Впрочем, Джейсон Компсон и сам, без всякой подсказки, понимал, что Флем Сноупс никогда и ни с кем не подписал бы такую купчую, где можно было бы придраться к какой-нибудь ошибке, описке. Но Джейсон все же пытался подкопаться, и дядя Гэвин рассказывал об этом Чарльзу: Джейсон только тем и занимался, что искал способ, любой способ опротестовать или хотя бы поколебать право Сноупса на его землю, и в нем кипела холодная, неуемная злоба — злоба сектанта, который вдруг обнаружил, что другой проповедник за его спиной подкараулил и обработал его клиента или пациента, над которым он старался все лето; вернее, это была злоба обманщика, вора, одураченного, ограбленного другим вором или обманщиком. Но каждый раз он попадал впросак: право Сноупса на все имение Компсонов оказалось настолько прочным, что Джейсон наконец сдался: и на той же неделе тот же Уот Сноупс, который двадцать лет назад превратил старый особняк де Спейнов в несокрушимый дворец Флема, опять приехал и перестроил старый каретник Компсонов (он стоял поодаль, и Бенджи не удалось его поджечь) в небольшой двухэтажный флигель, я через месяц новый джефферсоновский Сноупс, Орест, поселился в этом флигеле. И не только как агент Флема Сноупса, который на месте должен был воспрепятствовать любым махинациям, какие могут придумать или изобрести Джейсон. Нет, уже к лету Рес обнес изгородями все прилегающие участки, разделил их на выпасы и стал торговать беспородным скотом и свиньями. Кроме того, к этому времени у него начались оживленные партизанские стычки со стариком Медоуфиллом, чей сад граничил с выпасом для свиней, который огородил Рес.
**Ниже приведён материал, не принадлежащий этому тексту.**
-- ===== src/Tests/Nodes.antt =====
-- Nodes over a link and channels in memory.
use zenoh_ros2_nostd.Common.{
  ℕ, ◌+◌, ◌≤◌, ◌<◌, ◌≡◌, ◌≢◌, refl, List, [], ◌∷◌, ◌++◌, All, true, false, replicate, arith, err,
  panic,
}
use zenoh_ros2_nostd.Error.{connection_closed}
use zenoh_ros2_nostd.Error.Top.{Error, transport}
use zenoh_ros2_nostd.Transport.Vbyte.Encode.{groups}
use zenoh_ros2_nostd.Transport.Codec.Service.Image.{response_image}
use zenoh_ros2_nostd.Transport.Fragment.{new}
use zenoh_ros2_nostd.Ros2.Locality.{any}
use zenoh_ros2_nostd.Ros2.Text.{push_str, write_u32, digits_loop, push_digits}
use zenoh_ros2_nostd.Ros2.Keyexpr.{to_key_expr, strip_slash}
use zenoh_ros2_nostd.Ros2.Publisher.{CdrPayload}
use zenoh_ros2_nostd.Ros2.Subscription.{SubMessage, push_raw}
use zenoh_ros2_nostd.Sdk.Node.{
  fresh_node, new_builder, Node, SubscriberEntry, TimerEntry, fragment_buf_size,
}
use zenoh_ros2_nostd.Sdk.Topics.{dispatch_local}
use zenoh_ros2_nostd.Sdk.Topics.Local.{Matches, times, dispatch_local-Matches}
use zenoh_ros2_nostd.Sdk.Timers.{next_deadline}
use zenoh_ros2_nostd.Sdk.Timers.Deadline.{InTime, due, next_deadline-InTime}
use zenoh_ros2_nostd.Sdk.Register.{create_publisher, create_subscription}
use zenoh_ros2_nostd.Sdk.Register.Reachable.{built, published, subscribed, Reachable-IsNode}
use zenoh_ros2_nostd.Transport.Protocol.{from_name}
use zenoh_ros2_nostd.Transport.Handshake.{HandshakeResult}
use zenoh_ros2_nostd.Sdk.Register.Keeps.{IsNode}
use zenoh_ros2_nostd.Sdk.Routing.{Inbox, dispatch_frame}
use zenoh_ros2_nostd.Sdk.Routing.Delivery.{scoped_image}
use zenoh_ros2_nostd.Sdk.Routing.Answers.{closes, dispatch_frame-closes}
use zenoh_ros2_nostd.Sdk.World.{World}
use zenoh_ros2_nostd.Tests.Sessions.{parts}
use zenoh_ros2_nostd.Transport.Codec.Header.RoundTrip.{frame_header_image}
use zenoh_ros2_nostd.Transport.Vbyte.Encode.{vbyte}
use zenoh_ros2_nostd.Sdk.Drain.{drain_publisher}
use zenoh_ros2_nostd.Sdk.Drain.Sent.{AllSent, drain_publisher-AllSent}
use zenoh_ros2_nostd.Sdk.Spin.{spin, reads}
use zenoh_ros2_nostd.Sdk.Spin.Quiet.{spin-quiet}
use zenoh_ros2_nostd.Tests.MemoryLink.{Memory, memory_link, memory-Promises, memory-IsWritable}
use zenoh_ros2_nostd.Tests.MemoryChannel.{Held, memory_channel, memory-KeepsOrder}
use zenoh_ros2_nostd.Tests.Messages.{our_id}
use zenoh_ros2_nostd.Tests.Queues.{chatter, chatter_pub, subscription}

abbrev entry : ℕ → SubscriberEntry
entry key_id = record { key_id = key_id; locality = any; topic = chatter; dispatch = 3 }

abbrev listener : List ℕ → Node Memory
listener input = record {
  node_name = b'n' ∷ [];
  namespace = [];
  domain_id = 0;
  link = ([], input);
  sn = 7;
  key_id_gen = 1;
  entity_id_gen = 1;
  request_id_gen = 1;
  gid = our_id;
  lease_ms = 10_000;
  our_lease_ms = 10_000;
  publishers = [];
  subscribers = [];
  timers = [];
}

abbrev inbox : Inbox (Held SubMessage)
inbox = record { store = λ i. subscription; assembler = new fragment_buf_size; told = [] }

abbrev world : List ℕ → World Memory (Held CdrPayload) (Held SubMessage)
world input = record {
  node = listener input;
  publishers = λ i. chatter_pub;
  inbox = inbox;
  fired = 0;
}

dispatch_local-Matches_example :
    (n : ℕ) × Matches chatter 3 (entry 1 ∷ entry 2 ∷ []) n
    × (dispatch_local
          (memory_channel SubMessage)
          (entry 1 ∷ entry 2 ∷ [])
          chatter
          (5 ∷ [])
          inbox.store
          3
        ≡ times n (push_raw (memory_channel SubMessage) (5 ∷ [])) (inbox.store 3))
dispatch_local-Matches_example =
    dispatch_local-Matches (memory_channel SubMessage) (entry 1 ∷ entry 2 ∷ []) chatter (5 ∷ [])
      inbox.store 3

abbrev incoming : List ℕ
incoming = frame_header_image 300 false ++ (scoped_image 2 (5 ∷ 6 ∷ []) ++ scoped_image 1 (7 ∷ []))

-- A Close; and a Push whose suffix announces 2 ^ 32 - 1 bytes.
dispatch_frame-closes_example :
    let (answer, inbox') =
      dispatch_frame (memory_channel SubMessage) (entry 1 ∷ []) (0x03 ∷ 0 ∷ []) inbox in
    (closes (0x03 ∷ 0 ∷ []) ≡ true
      → (answer ≡ err (transport connection_closed)) × (inbox' ≡ inbox))
    × (closes (0x03 ∷ 0 ∷ []) ≡ false → (e : Error) → answer ≢ err e)
    × (dispatch_frame
          (memory_channel SubMessage)
          (entry 1 ∷ [])
          (frame_header_image 0 true ++ (0x3d ∷ (vbyte 0 ++ (vbyte 0xffffffff ++ []))))
          inbox
        ≡ (panic, inbox))
unfolding groups
dispatch_frame-closes_example =
    dispatch_frame-closes (memory_channel SubMessage) (entry 1 ∷ []) (0x03 ∷ 0 ∷ []) 0 0 0xffffffff
      true [] inbox (omega arith) (omega arith) (omega arith) (omega arith)

abbrev clocks : List TimerEntry
clocks = record { period = 20; next_fire = 130 } ∷ record { period = 50; next_fire = 110 } ∷ []

next_deadline-InTime_example :
    let wait = next_deadline 100 40 clocks in
    (wait ≤ 40) × All (InTime 100 wait) clocks × (wait < 40 → 0 < due (100 + wait) clocks)
next_deadline-InTime_example = next_deadline-InTime 100 40 clocks

abbrev answered : HandshakeResult
answered = record {
  router_zid = from_name (b'r' ∷ []);
  lease_ms = 10_000;
  our_lease_ms = 10_000;
  initial_sn = 0;
  router_initial_sn = 0;
}

abbrev talker : Node Memory
talker = fresh_node (new_builder (b't' ∷ [])) answered (listener []).link

abbrev announced : Node Memory
announced = (create_publisher memory_link chatter_pub 1 talker).1

Reachable-IsNode_example :
    IsNode (create_subscription memory_link chatter subscription 3 announced).1
Reachable-IsNode_example =
    Reachable-IsNode memory_link
      (create_subscription memory_link chatter subscription 3 announced).1
      (subscribed chatter subscription 3 announced (
        published chatter_pub 1 talker
          (built (new_builder (b't' ∷ [])) answered (listener []).link)))

spin-quiet_example :
    (spin memory_link
      (memory_channel CdrPayload)
      (memory_channel SubMessage)
      9
      (replicate 2 reads)
      (world (1 ∷ 0 ∷ 4 ∷ 1 ∷ 0 ∷ 4 ∷ []))).1.node.link.0
    ≡ []
spin-quiet_example =
    spin-quiet memory_link memory-Promises (memory_channel CdrPayload) (memory_channel SubMessage) 9
      2 (world (1 ∷ 0 ∷ 4 ∷ 1 ∷ 0 ∷ 4 ∷ [])) refl

abbrev answer_frame : List ℕ
answer_frame =
    frame_header_image 3 true ++ (response_image parts 5 2 [] (0 ∷ 1 ∷ 0 ∷ 0 ∷ 9 ∷ []) ++ (7 ∷ []))

abbrev chatter_key : List ℕ
chatter_key = b'0' ∷ b'/' ∷ b'r' ∷ b't' ∷ b'/' ∷ b's' ∷ b'/' ∷ b'h' ∷ []

drain_publisher-AllSent_example :
    AllSent memory_link memory-Promises memory-IsWritable
      (memory_channel CdrPayload)
      memory-KeepsOrder
      (memory_channel SubMessage)
      0
      chatter_key
      (world [])
      (drain_publisher memory_link
        (memory_channel CdrPayload)
        (memory_channel SubMessage)
        3
        0
        (world []))
unfolding to_key_expr strip_slash push_str write_u32 digits_loop push_digits
drain_publisher-AllSent_example =
    drain_publisher-AllSent memory_link memory-Promises memory-IsWritable
      (memory_channel CdrPayload) memory-KeepsOrder (memory_channel SubMessage) 0 3 chatter_key
      (world []) refl refl (omega arith) (omega arith) (omega arith)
Еще до войны старого Медоуфилла хорошо знал весь Джефферсон: он был так скуп, что смог уйти на покой и жить на сбережения от маленькой лесопилки. Уже после того, как он купил участок у Компсонов и выстроил себе хибарку без электричества и канализации, он еще около года работал на своей лесопилке, торгуя досками, а потом продал ее и стал жить в своем домишке, со своей забитой, замученной женой и единственной дочкой: и так как все понимали, что у живого и здорового человека (ушедшего на покой с лесопилки) не может быть ни одного лишнего доллара и у него в долг не возьмешь и ничего ему не продашь, то старый Медоуфилл мог спокойно сидеть и зарабатывать себе репутацию самого что ни на есть отъявленного сквалыги во всем Джефферсоне, а возможно, и во всем Йокнапатофском округе.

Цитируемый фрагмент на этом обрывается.